Stored data
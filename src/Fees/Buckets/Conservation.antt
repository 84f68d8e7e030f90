-- ===== src/Fees/Buckets/Conservation.antt =====
-- The allocation as a whole: the shares of the entries add up to the fees of the buckets.
use sim_trade.Prelude.{
  ℕ, zero, suc, ◌≤◌, ◌<◌, ◌≡◌, ◌∙◌, refl, sym, ap, some, List, [], ◌∷◌, length, get_elem?, map,
  arith, All,
}
use sim_trade.Prelude.Int.{pos, ◌+ℤ◌, ◌<ℤ◌, int_laws}
use sim_trade.Errors.{Result, ok, ◌>>=◌, >>=-eq-ok, ok-injective}
use sim_trade.Money.{Decimal, Money}
use sim_trade.Fees.Snapshot.Laws.{calculate_from_snapshot_iff, calculate_from_snapshot_nonneg}
use sim_trade.Fees.Buckets.{
  FeeBucketEntry, Bucket, total_volume_of, bucket_shares, bucket_fee, write_bucket, group_entries,
  allocate_buckets, calculate_bucket_allocations,
}
use sim_trade.Fees.Buckets.Grouping.{
  occurs_in, HasIndices, HasVolume, group_entries-occurs, group_entries-HasIndices,
  group_entries-HasVolume,
}
use sim_trade.Fees.Buckets.Writes.{
  NonNegative, get_elem?-write_shares, sum_money-write_shares, write_shares-NonNegative,
  length-write_shares,
}
use sim_trade.Fees.Buckets.Shares.{
  sum_money, length-bucket_shares, sum_money-bucket_shares, bucket_shares_nonneg,
}

-- A bucket whose fee was computed has a positive volume and a fee that is not negative.
bucket_fee_accepts :
    (price : Decimal) (entries : List FeeBucketEntry) (b : Bucket) (fee : Money)
    → bucket_fee price entries b ≡ ok fee
    → NonNegative fee × (pos 0 <ℤ total_volume_of entries b.1)
unfolding bucket_fee
bucket_fee_accepts price entries (k, is) fee h =
    let volume = total_volume_of entries is in
    let (a, _) =
      (calculate_from_snapshot_iff price volume k.commission_type k.commission_parameter
          k.commission_contract_multiplier fee).0
        h in
    (
      calculate_from_snapshot_nonneg price volume k.commission_type k.commission_parameter
          k.commission_contract_multiplier fee h,
      a.volume_pos,
    )

-- The fees of the buckets, each computed once, and added up.
pub bucket_fees : Decimal → List FeeBucketEntry → List Bucket → Result Money
bucket_fees price entries [] = ok (pos 0)
bucket_fees price entries (b ∷ rest) = do
  fee ← bucket_fee price entries b
  others ← bucket_fees price entries rest
  ok (fee +ℤ others)

-- A list of results in which every index that the buckets name still holds a zero.
record IsFresh (bs : List Bucket) (r : List Money) : Type 0 where
  named : All HasIndices bs
  once : (j : ℕ) → occurs_in j bs ≤ 1
  zeros : (j : ℕ) → 1 ≤ occurs_in j bs → get_elem? r j ≡ some (pos 0)

module _ (price : Decimal) (entries : List FeeBucketEntry) where
  sum_money-write_bucket :
      (b : Bucket) (bs : List Bucket) (commission : Money) (r : List Money)
      → IsFresh (b ∷ bs) r
      → sum_money (write_bucket entries b.1 commission r) ≡ sum_money r +ℤ commission
  unfolding write_bucket
  sum_money-write_bucket (k, []) bs commission r f = absurd f.named.0
  sum_money-write_bucket (k, i ∷ is) bs commission r f =
      let total = total_volume_of entries (i ∷ is) in
      let shares = bucket_shares entries commission total (i ∷ is) (pos 0) (pos 0) in
      let written =
        sum_money-write_shares (i ∷ is) shares r
          (length-bucket_shares entries commission total (i ∷ is) (pos 0) (pos 0))
          (λ j. omega (arith, f.once j)) (λ j m. f.zeros j (omega arith)) in
      let whole = sum_money-bucket_shares entries commission total i is (pos 0) (pos 0) in
      written ∙ (rw whole (omega int_laws))

  write_bucket-IsFresh :
      (b : Bucket) (bs : List Bucket) (commission : Money) (r : List Money)
      → IsFresh (b ∷ bs) r
      → IsFresh bs (write_bucket entries b.1 commission r)
  unfolding write_bucket
  write_bucket-IsFresh (k, is) bs commission r f = record {
    named = f.named.1;
    once = λ j. omega (arith, f.once j);
    zeros =
        λ j m. get_elem?-write_shares is _ r j (omega (arith, f.once j)) ∙ f.zeros j (omega arith);
  }

  write_bucket-NonNegative :
      (b : Bucket) (commission : Money) (r : List Money)
      → All HasVolume entries
      → bucket_fee price entries b ≡ ok commission
      → All NonNegative r
      → All NonNegative (write_bucket entries b.1 commission r)
  unfolding write_bucket
  write_bucket-NonNegative b commission r hv e hr =
      let (fee, volume) = bucket_fee_accepts price entries b commission e in
      write_shares-NonNegative b.1 _ r (bucket_shares_nonneg entries commission b.1 hv fee volume)
        hr

  length-write_bucket :
      (b : Bucket) (commission : Money) (r : List Money)
      → length (write_bucket entries b.1 commission r) ≡ length r
  unfolding write_bucket
  length-write_bucket b commission r = length-write_shares b.1 _ r

  allocate_buckets_sums :
      (bs : List Bucket) (r r' : List Money)
      → All HasVolume entries
      → IsFresh bs r
      → All NonNegative r
      → allocate_buckets price entries bs r ≡ ok r'
      → (fees : Money) × (bucket_fees price entries bs ≡ ok fees)
        × (sum_money r' ≡ sum_money r +ℤ fees)
        × All NonNegative r'
        × (length r' ≡ length r)
  unfolding allocate_buckets bucket_fees
  allocate_buckets_sums [] r r' hv f hr h =
      let same = ok-injective h in
      (pos 0, refl, rw (← same) (omega int_laws), rw (← same) hr, ap length (sym same))
  allocate_buckets_sums (b ∷ bs) r r' hv f hr h =
      let (commission, e, h') = >>=-eq-ok (bucket_fee price entries b) _ h in
      let w = write_bucket entries b.1 commission r in
      let (fees, ef, es, hn, hl) =
        allocate_buckets_sums bs w r' hv (write_bucket-IsFresh b bs commission r f)
          (write_bucket-NonNegative b commission r hv e hr) h' in
      (
        commission +ℤ fees,
        rw (e, ef) refl,
        es ∙ (rw (sum_money-write_bucket b bs commission r f) (omega int_laws)),
        hn,
        hl ∙ length-write_bucket b commission r,
      )

zero_list : (entries : List FeeBucketEntry) → List Money
zero_list entries = map (λ _. pos 0) entries

at_index :
    (es : List FeeBucketEntry)
    → ((j : ℕ) → j < length es → get_elem? (zero_list es) j ≡ some (pos 0))
    → (j : ℕ) → j < suc (length es)
    → get_elem? (pos 0 ∷ zero_list es) j ≡ some (pos 0)
at_index es z zero h = refl
at_index es z (suc j) h = z j (omega arith)

zero_list_facts :
    (entries : List FeeBucketEntry)
    → (sum_money (zero_list entries) ≡ pos 0)
      × All NonNegative (zero_list entries)
      × (length (zero_list entries) ≡ length entries)
      × ((j : ℕ) → j < length entries → get_elem? (zero_list entries) j ≡ some (pos 0))
unfolding zero_list
zero_list_facts [] = (refl, tt, refl, λ j h. absurd (omega arith))
zero_list_facts (e ∷ es) =
    let (s, n, l, z) = zero_list_facts es in
    (rw s (omega int_laws), (omega arith, n), ap suc l, at_index es z)

grouped-IsFresh :
    (entries : List FeeBucketEntry) (grouped : List Bucket)
    → group_entries entries 0 [] ≡ ok grouped
    → IsFresh grouped (zero_list entries)
grouped-IsFresh entries grouped h =
    let (_, _, _, zeros) = zero_list_facts entries in
    let occurs_once = λ (j : ℕ). group_entries-occurs j entries 0 [] grouped h in
    record {
      named = group_entries-HasIndices entries 0 [] grouped tt h;
      once = λ j. ground (arith, occurs_once j);
      zeros = λ j m. zeros j (ground (arith, occurs_once j));
    }

-- When the allocation returns, it has one share for each entry, no share is negative, and the shares
-- add up to the fees of the buckets that the entries were grouped into.
pub calculate_bucket_allocations_conserves :
    (price : Decimal) (entries : List FeeBucketEntry) (shares : List Money)
    → calculate_bucket_allocations price entries ≡ ok shares
    → (length shares ≡ length entries)
      × All NonNegative shares
      × ((grouped : List Bucket) × (group_entries entries 0 [] ≡ ok grouped)
          × (bucket_fees price entries grouped ≡ ok (sum_money shares)))
unfolding calculate_bucket_allocations
calculate_bucket_allocations_conserves price entries shares h =
    let (grouped, eg, h') = >>=-eq-ok (group_entries entries 0 []) _ h in
    let (s0, n0, l0, _) = zero_list_facts entries in
    let (fees, ef, es, hn, hl) =
      allocate_buckets_sums price entries grouped (zero_list entries) shares
        (group_entries-HasVolume entries 0 [] grouped eg) (grouped-IsFresh entries grouped eg) n0
        (unfold zero_list in h') in
    let sums : fees ≡ sum_money shares = sym (rw s0 at es ∙ (omega int_laws)) in
    (hl ∙ l0, hn, (grouped, eg, ef ∙ ap ok sums))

#### EXERCISE DIRECTIONS:
Look for the word "ground" in the data, then return every line that contains it.

#### EXERCISE RESPONSE:
      once = λ j. ground (arith, occurs_once j);
      zeros = λ j m. zeros j (ground (arith, occurs_once j));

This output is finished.